[Saved entries]

*** Block opens ***

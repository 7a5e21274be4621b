-- ===== src/Json/Sound.antt =====
-- The fuel of `parse` always suffices, and every map of a parsed value has its keys in order.

use arcade_launcher_stream_e.Json.Sorted.{maps_sorted, items_sorted, fields_sorted}
use arcade_launcher_stream_e.Json.Sorted.{
  items_sorted-push_item, fields_sorted-set_field, length-ws, length-tail,
}
use arcade_launcher_stream_e.Json.Steps.{
  Good, GoodItems, GoodFields, number-Good, literal-Good, Behind, next_of-Shorter, expect-Shorter,
  Goods,
}
use arcade_launcher_stream_e.Json.Floats.{Floats}
use arcade_launcher_stream_e.Base.{
  ℕ, zero, suc, ◌+◌, ◌*◌, ◌<◌, Bytes, codes, true, false, [], ◌∷◌, some, ◌≡◌, ◌≢◌, refl, arith,
  length, is_empty,
}
use arcade_launcher_stream_e.Base.Result.{
  Result, ok, failed, out_of_fuel, Ensures, holds, rejected, Ensures-if, Ensures-bind, Ensures-mono,
  Ensures-out_of_fuel, Ensures-ok,
}
use arcade_launcher_stream_e.Json.{
  Value, Items, Fields, null, bool, no_items, no_fields, push_item, set_field,
}
use arcade_launcher_stream_e.Json.Maps.{keys_sorted, keys_sorted-set_field}
use arcade_launcher_stream_e.Json.Parser.{
  Next, comma, close, bad, Kind, brace, bracket, quote, letter_t, letter_f, letter_n, digit, other,
  ws, value, array_loop, array_next, object_loop, object_next, starts, parse, parse_result, finish,
  next_of, kind_of, accepted, value_of_kind, first_value,
}
use arcade_launcher_stream_e.Json.Text.Consumes.{parse_str-Ensures}

accepted_ok : (r : Result Value) (v : Value) → accepted r ≡ some v → r ≡ ok v
accepted_ok (ok w) v h = cc
accepted_ok failed v h = cc
accepted_ok out_of_fuel v h = cc

module _ ⦃fl : Floats⦄ {f : ℕ} (g : Goods f) where
  items_round :
      (xs : Items) (s : Bytes)
      → items_sorted xs ≡ true
      → 3 * length s + 3 < suc f
      → Ensures (GoodItems s) (array_loop (suc f) xs s)
  unfolding value
  items_round xs s p h = Ensures-bind (g.of_value s (omega arith)) λ (v, rest) (q, r).
      Ensures-mono (λ t m. (omega arith, m.1))
        (g.of_next_item (push_item xs v) rest (items_sorted-push_item xs v p r) (omega arith))

  fields_round :
      (fs : Fields) (s : Bytes)
      → keys_sorted fs ≡ true
      → fields_sorted fs ≡ true
      → 3 * length s + 3 < suc f
      → Ensures (GoodFields s) (object_loop (suc f) fs s)
  unfolding value
  fields_round fs s p p' h = Ensures-bind (parse_str-Ensures (ws s)) λ (key, s₁) q₁.
      Ensures-bind (expect-Shorter b':' (ws s₁)) λ s₂ q₂.
        Ensures-bind (g.of_value s₂ (omega (arith, length-ws s, length-ws s₁)))
          λ (child, rest) (q₃, r).
            Ensures-mono (λ t m. (omega (arith, length-ws s, length-ws s₁), m.1, m.2))
              (g.of_next_field (set_field key child fs) rest (keys_sorted-set_field key child fs p)
                (fields_sorted-set_field key child fs p' r)
                (omega (arith, length-ws s, length-ws s₁)))

  next_item_round :
      (xs : Items) (s : Bytes)
      → items_sorted xs ≡ true
      → 3 * length s + 2 < suc f
      → Ensures (GoodItems s) (array_next (suc f) xs s)
  unfolding value
  next_item_round xs s p h = at_next (next_of b']' (ws s)) (next_of-Shorter b']' (ws s))
    where
      at_next :
          (n : Next)
          → Behind (ws s) n
          → Ensures {A = Items × Bytes} (GoodItems s) (elim n [
            | comma rest ↦ array_loop f xs rest
            | close rest ↦ ok (xs, rest)
            | bad ↦ failed
          ])
      at_next (comma rest) q =
          Ensures-mono (λ t m. (omega (arith, length-ws s), m.1))
            (g.of_items xs rest p (omega (arith, length-ws s)))
      at_next (close rest) q = holds (omega (arith, length-ws s), p)
      at_next bad q = rejected

  next_field_round :
      (fs : Fields) (s : Bytes)
      → keys_sorted fs ≡ true
      → fields_sorted fs ≡ true
      → 3 * length s + 2 < suc f
      → Ensures (GoodFields s) (object_next (suc f) fs s)
  unfolding value
  next_field_round fs s p p' h = at_next (next_of b'}' (ws s)) (next_of-Shorter b'}' (ws s))
    where
      at_next :
          (n : Next)
          → Behind (ws s) n
          → Ensures {A = Fields × Bytes} (GoodFields s) (elim n [
            | comma rest ↦ object_loop f fs rest
            | close rest ↦ ok (fs, rest)
            | bad ↦ failed
          ])
      at_next (comma rest) q =
          Ensures-mono (λ t m. (omega (arith, length-ws s), m.1, m.2))
            (g.of_fields fs rest p p' (omega (arith, length-ws s)))
      at_next (close rest) q = holds (omega (arith, length-ws s), p, p')
      at_next bad q = rejected

  array_Good :
      (members : Bytes → Result (Fields × Bytes)) (c : ℕ) (t : Bytes)
      → 3 * length (c ∷ t) + 2 < suc f
      → Ensures (Good (c ∷ t)) (value_of_kind members (λ u. array_loop f no_items u) bracket c t)
  unfolding maps_sorted value_of_kind
  array_Good members c t h =
      Ensures-bind {P = GoodItems (c ∷ t)}
        (Ensures-if (starts b']' (ws t))
          (λ e. holds (omega (arith, length-ws t, length-tail (ws t) b']' e), refl))
          (λ e.
            Ensures-mono (λ r m. (omega (arith, length-ws t), m.1))
              (g.of_items no_items (ws t) refl (omega (arith, length-ws t)))))
        λ (xs, rest) m. holds m

  object_Good :
      (elems : Bytes → Result (Items × Bytes)) (c : ℕ) (t : Bytes)
      → 3 * length (c ∷ t) + 2 < suc f
      → Ensures (Good (c ∷ t)) (value_of_kind (λ u. object_loop f no_fields u) elems brace c t)
  unfolding maps_sorted keys_sorted value_of_kind
  object_Good elems c t h =
      Ensures-bind {P = GoodFields (c ∷ t)}
        (Ensures-if (starts b'}' (ws t))
          (λ e. holds (omega (arith, length-ws t, length-tail (ws t) b'}' e), refl, refl))
          (λ e.
            Ensures-mono (λ r m. (omega (arith, length-ws t), m.1, m.2))
              (g.of_fields no_fields (ws t) refl refl (omega (arith, length-ws t)))))
        λ (fs, rest) m. holds (m.0, ground (arith, m.1, m.2))

  kind_round :
      (k : Kind) (c : ℕ) (t : Bytes)
      → 3 * length (c ∷ t) + 2 < suc f
      → Ensures
          (Good (c ∷ t))
          (value_of_kind (λ u. object_loop f no_fields u) (λ u. array_loop f no_items u) k c t)
  unfolding maps_sorted value_of_kind
  kind_round brace c t h = object_Good (λ u. array_loop f no_items u) c t h
  kind_round bracket c t h = array_Good (λ u. object_loop f no_fields u) c t h
  kind_round quote c t h = Ensures-bind (parse_str-Ensures (c ∷ t)) λ (out, rest) m. holds (m, refl)
  kind_round letter_t c t h = literal-Good (codes "true") (bool true) (c ∷ t) (omega arith) refl
  kind_round letter_f c t h = literal-Good (codes "false") (bool false) (c ∷ t) (omega arith) refl
  kind_round letter_n c t h = literal-Good (codes "null") null (c ∷ t) (omega arith) refl
  kind_round digit c t h = number-Good (c ∷ t)
  kind_round other c t h = rejected

  first_value_round :
      (u : Bytes)
      → 3 * length u + 2 < suc f
      → Ensures
          (Good u)
          (first_value (λ t. object_loop f no_fields t) (λ t. array_loop f no_items t) u)
  unfolding first_value
  first_value_round [] h = rejected
  first_value_round (c ∷ t) h = kind_round (kind_of c) c t h

  value_round : (s : Bytes) → 3 * length s + 2 < suc f → Ensures (Good s) (value (suc f) s)
  unfolding value
  value_round s h =
      Ensures-mono (λ r m. (omega (arith, length-ws s), m.1))
        (first_value_round (ws s) (omega (arith, length-ws s)))

every-Goods : ⦃fl : Floats⦄ (f : ℕ) → Goods f
every-Goods zero = record {
  of_value = λ s h. absurd (omega arith);
  of_items = λ xs s p h. absurd (omega arith);
  of_next_item = λ xs s p h. absurd (omega arith);
  of_fields = λ fs s p q h. absurd (omega arith);
  of_next_field = λ fs s p q h. absurd (omega arith);
}
every-Goods (suc f) = record {
  of_value = value_round (every-Goods f);
  of_items = items_round (every-Goods f);
  of_next_item = next_item_round (every-Goods f);
  of_fields = fields_round (every-Goods f);
  of_next_field = next_field_round (every-Goods f);
}

parse_result-Ensures :
    ⦃fl : Floats⦄ (s : Bytes) → Ensures (λ v. maps_sorted v ≡ true) (parse_result s)
unfolding parse_result finish
parse_result-Ensures s =
    Ensures-bind ((every-Goods (3 * length s + 3)).of_value s (omega arith))
      λ (v, rest) m. Ensures-if (is_empty (ws rest)) (λ e. holds m.1) (λ e. rejected)

-- `parse` never runs out of its fuel: it accepts or refuses every text.
pub parse_result-ne-out_of_fuel : ⦃fl : Floats⦄ (s : Bytes) → parse_result s ≢ out_of_fuel
parse_result-ne-out_of_fuel s = Ensures-out_of_fuel (parse_result-Ensures s)

-- Every map of a parsed value has strictly increasing keys, whatever order and repetitions the
-- text has.
pub parse-maps_sorted :
    ⦃fl : Floats⦄ (s : Bytes) (v : Value) → parse s ≡ some v → maps_sorted v ≡ true
unfolding parse
parse-maps_sorted s v h = Ensures-ok (parse_result-Ensures s) (accepted_ok (parse_result s) v h)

*** Block closes ***

◆ **REQUIRED ACTION**
Every line in the data above that contains "brace" needs to be copied.

◆ **THE COMPLETED TASK**
  Next, comma, close, bad, Kind, brace, bracket, quote, letter_t, letter_f, letter_n, digit, other,
      → Ensures (Good (c ∷ t)) (value_of_kind (λ u. object_loop f no_fields u) elems brace c t)
  kind_round brace c t h = object_Good (λ u. array_loop f no_items u) c t h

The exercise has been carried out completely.